#### [Problem requirements]
What you return should be the line containing "d.taken net (left_of" and each line after it to the end of the records, copied exactly.

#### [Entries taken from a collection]
..........

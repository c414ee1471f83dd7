-- ===== src/EventLoop/Send.antt =====
-- The loop of `handle_write`, however `write` cuts the response.
use lloogg.Prelude.{
  ℕ, zero, suc, ◌+◌, ◌-◌, ◌≤◌, ◌<◌, ◌≡◌, refl, ap, subst, ◌∙◌, inl, inr, true, false, some, List,
  ◌++◌, arith, length, slice, take, slice-split, length-slice, take_all, append_assoc, ltb, ◌==◌,
  Bool-cases, ==_iff, ◌||◌,
}
use lloogg.Connection.{Connection, read_header, write_response}
use lloogg.EventLoop.{
  Sockets, got, again, Ended, waits, leaves, closes, fails, IoResult-cases, is_write_response, sent,
  write_loop,
}

-- The bytes of the response that are still to be sent.
abbrev pub left_of : Connection → List ℕ
left_of conn = slice conn.wbuf conn.wbuf_pos (conn.wbuf_len - conn.wbuf_pos)

-- What `write` promises: it takes a number of bytes, at least one if there are any, and passes on
-- as many from the front. `delivered` is what the peer of `fd` has been sent so far.
pub record IsStream {S : Type 0} (sockets : Sockets S) (fd : ℕ) (delivered : S → List ℕ)
    : Type 0 where
  pub taken :
      (net : S) (bytes : List ℕ) (n : ℕ)
      → (sockets.write net fd bytes).0 ≡ got n
      → 0 < length bytes
      → (0 < n)
        × (n ≤ length bytes)
        × (delivered (sockets.write net fd bytes).1 ≡ delivered net ++ take n bytes)
  pub refused :
      (net : S) (bytes : List ℕ)
      → (sockets.write net fd bytes).0 ≡ again
      → delivered (sockets.write net fd bytes).1 ≡ delivered net

-- A response with bytes left, inside the buffer.
pub record IsSending (conn : Connection) : Type 0 where
  pub state : conn.state ≡ write_response
  pub more : conn.wbuf_pos < conn.wbuf_len
  pub fits : conn.wbuf_len ≤ length conn.wbuf

-- How the loop ends: with a part sent and the rest kept, or with all sent and the connection ready for
-- the next request.
abbrev pub IsSent : {S : Type 0} → (S → List ℕ) → (all rbuf wbuf : List ℕ) → Ended → S → Type 0
IsSent delivered all rbuf wbuf (waits c) net =
    IsSending c × (delivered net ++ left_of c ≡ all) × (c.rbuf ≡ rbuf) × (c.wbuf ≡ wbuf)
IsSent delivered all rbuf wbuf (leaves c) net =
    (delivered net ≡ all)
    × (c.state ≡ read_header)
    × (c.rbuf_pos ≡ 0)
    × (c.rbuf ≡ rbuf)
    × (c.wbuf ≡ wbuf)
IsSent delivered all rbuf wbuf closes net = Unit
IsSent delivered all rbuf wbuf fails net = 1 ≤ 0

-- A write of `n` bytes of what is left.
left_of-moved :
    (conn : Connection) (n : ℕ)
    → n ≤ conn.wbuf_len - conn.wbuf_pos
    → take n (left_of conn) ++ left_of (record conn { wbuf_pos = conn.wbuf_pos + n }) ≡ left_of conn
left_of-moved conn n h =
    let rest : conn.wbuf_len - (conn.wbuf_pos + n) ≡ conn.wbuf_len - conn.wbuf_pos - n =
      omega arith in
    let whole : n + (conn.wbuf_len - conn.wbuf_pos - n) ≡ conn.wbuf_len - conn.wbuf_pos =
      omega (arith, h) in
    ap (λ k. take n (left_of conn) ++ slice conn.wbuf (conn.wbuf_pos + n) k) rest
    ∙ subst
        (λ k.
          take n (slice conn.wbuf conn.wbuf_pos k)
            ++ slice conn.wbuf (conn.wbuf_pos + n) (conn.wbuf_len - conn.wbuf_pos - n)
          ≡ slice conn.wbuf conn.wbuf_pos k)
        whole (slice-split conn.wbuf conn.wbuf_pos n (conn.wbuf_len - conn.wbuf_pos - n))

pub write_loop_lem :
    {S : Type 0} (sockets : Sockets S) (fuel : ℕ) (net : S) (fd : ℕ) (delivered : S → List ℕ)
    (conn : Connection) {all : List ℕ}
    → IsStream sockets fd delivered
    → IsSending conn
    → delivered net ++ left_of conn ≡ all
    → conn.wbuf_len - conn.wbuf_pos ≤ fuel
    → (e : Ended) × (net' : S) × (write_loop sockets fuel net fd conn ≡ some (e, net'))
      × IsSent delivered all conn.rbuf conn.wbuf e net'
unfolding write_loop sent
write_loop_lem sockets zero net fd delivered conn d i s h = absurd (omega (arith, i.more))
write_loop_lem sockets (suc fuel) net fd delivered conn {all} d i s h =
    let sending : is_write_response conn.state ≡ true = ap is_write_response i.state in
    let nonempty : (conn.wbuf_len == conn.wbuf_pos) ≡ false = ground (arith, i.more) in
    let inside : (ltb conn.wbuf_len conn.wbuf_pos || ltb (length conn.wbuf) conn.wbuf_len) ≡ false =
      ground (arith, i.more, i.fits) in
    let out = sockets.write net fd (left_of conn) in
    let size : length (left_of conn) ≡ conn.wbuf_len - conn.wbuf_pos =
      length-slice conn.wbuf conn.wbuf_pos (conn.wbuf_len - conn.wbuf_pos)
        (omega (arith, i.more, i.fits)) in
    elim (IoResult-cases out.0) [
      | inr (inl later) ↦ (
        waits conn,
        out.1,
        rw (sending, nonempty, inside, later, write_loop),
        (i, ap (λ t. t ++ left_of conn) (d.refused net (left_of conn) later) ∙ s, refl, refl),
      )
      | inr (inr broken) ↦ (closes, out.1, rw (sending, nonempty, inside, broken, write_loop), tt)
      | inl (n, took) ↦
          let (some_byte, most, passed) =
            d.taken net (left_of conn) n took (omega (arith, size, i.more)) in
          elim (Bool-cases (conn.wbuf_pos + n == conn.wbuf_len)) [
            | inl whole ↦
                let everything : length (left_of conn) ≤ n =
                  omega (arith, size, (==_iff (conn.wbuf_pos + n) conn.wbuf_len).0 whole) in
                (
                  leaves (sent conn),
                  out.1,
                  rw (sending, nonempty, inside, took, whole, write_loop),
                  (
                    passed
                        ∙ ap (λ t. delivered net ++ t) (take_all n (left_of conn) everything)
                        ∙ s,
                    refl,
                    refl,
                    refl,
                    refl,
                  ),
                )
            | inr part ↦
                let next : Connection = record conn { wbuf_pos = conn.wbuf_pos + n } in
                let sending_next : IsSending next = record {
                  state = i.state;
                  more = ground (arith, part, most, size, i.more);
                  fits = i.fits;
                } in
                let kept : delivered out.1 ++ left_of next ≡ all =
                  ap (λ t. t ++ left_of next) passed
                  ∙ append_assoc (delivered net) (take n (left_of conn)) (left_of next)
                  ∙ ap (λ t. delivered net ++ t) (left_of-moved conn n (omega (arith, most, size)))
                  ∙ s in
                let (e, net', ran, ended) =
                  write_loop_lem sockets fuel out.1 fd delivered next d sending_next kept
                    (omega (arith, h, some_byte, i.more)) in
                (e, net', rw (sending, nonempty, inside, took, part, write_loop) ran, ended)
          ]
    ]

..........

#### [Task solution]
            d.taken net (left_of conn) n took (omega (arith, size, i.more)) in
          elim (Bool-cases (conn.wbuf_pos + n == conn.wbuf_len)) [
            | inl whole ↦
                let everything : length (left_of conn) ≤ n =
                  omega (arith, size, (==_iff (conn.wbuf_pos + n) conn.wbuf_len).0 whole) in
                (
                  leaves (sent conn),
                  out.1,
                  rw (sending, nonempty, inside, took, whole, write_loop),
                  (
                    passed
                        ∙ ap (λ t. delivered net ++ t) (take_all n (left_of conn) everything)
                        ∙ s,
                    refl,
                    refl,
                    refl,
                    refl,
                  ),
                )
            | inr part ↦
                let next : Connection = record conn { wbuf_pos = conn.wbuf_pos + n } in
                let sending_next : IsSending next = record {
                  state = i.state;
                  more = ground (arith, part, most, size, i.more);
                  fits = i.fits;
                } in
                let kept : delivered out.1 ++ left_of next ≡ all =
                  ap (λ t. t ++ left_of next) passed
                  ∙ append_assoc (delivered net) (take n (left_of conn)) (left_of next)
                  ∙ ap (λ t. delivered net ++ t) (left_of-moved conn n (omega (arith, most, size)))
                  ∙ s in
                let (e, net', ran, ended) =
                  write_loop_lem sockets fuel out.1 fd delivered next d sending_next kept
                    (omega (arith, h, some_byte, i.more)) in
                (e, net', rw (sending, nonempty, inside, took, part, write_loop) ran, ended)
          ]
    ]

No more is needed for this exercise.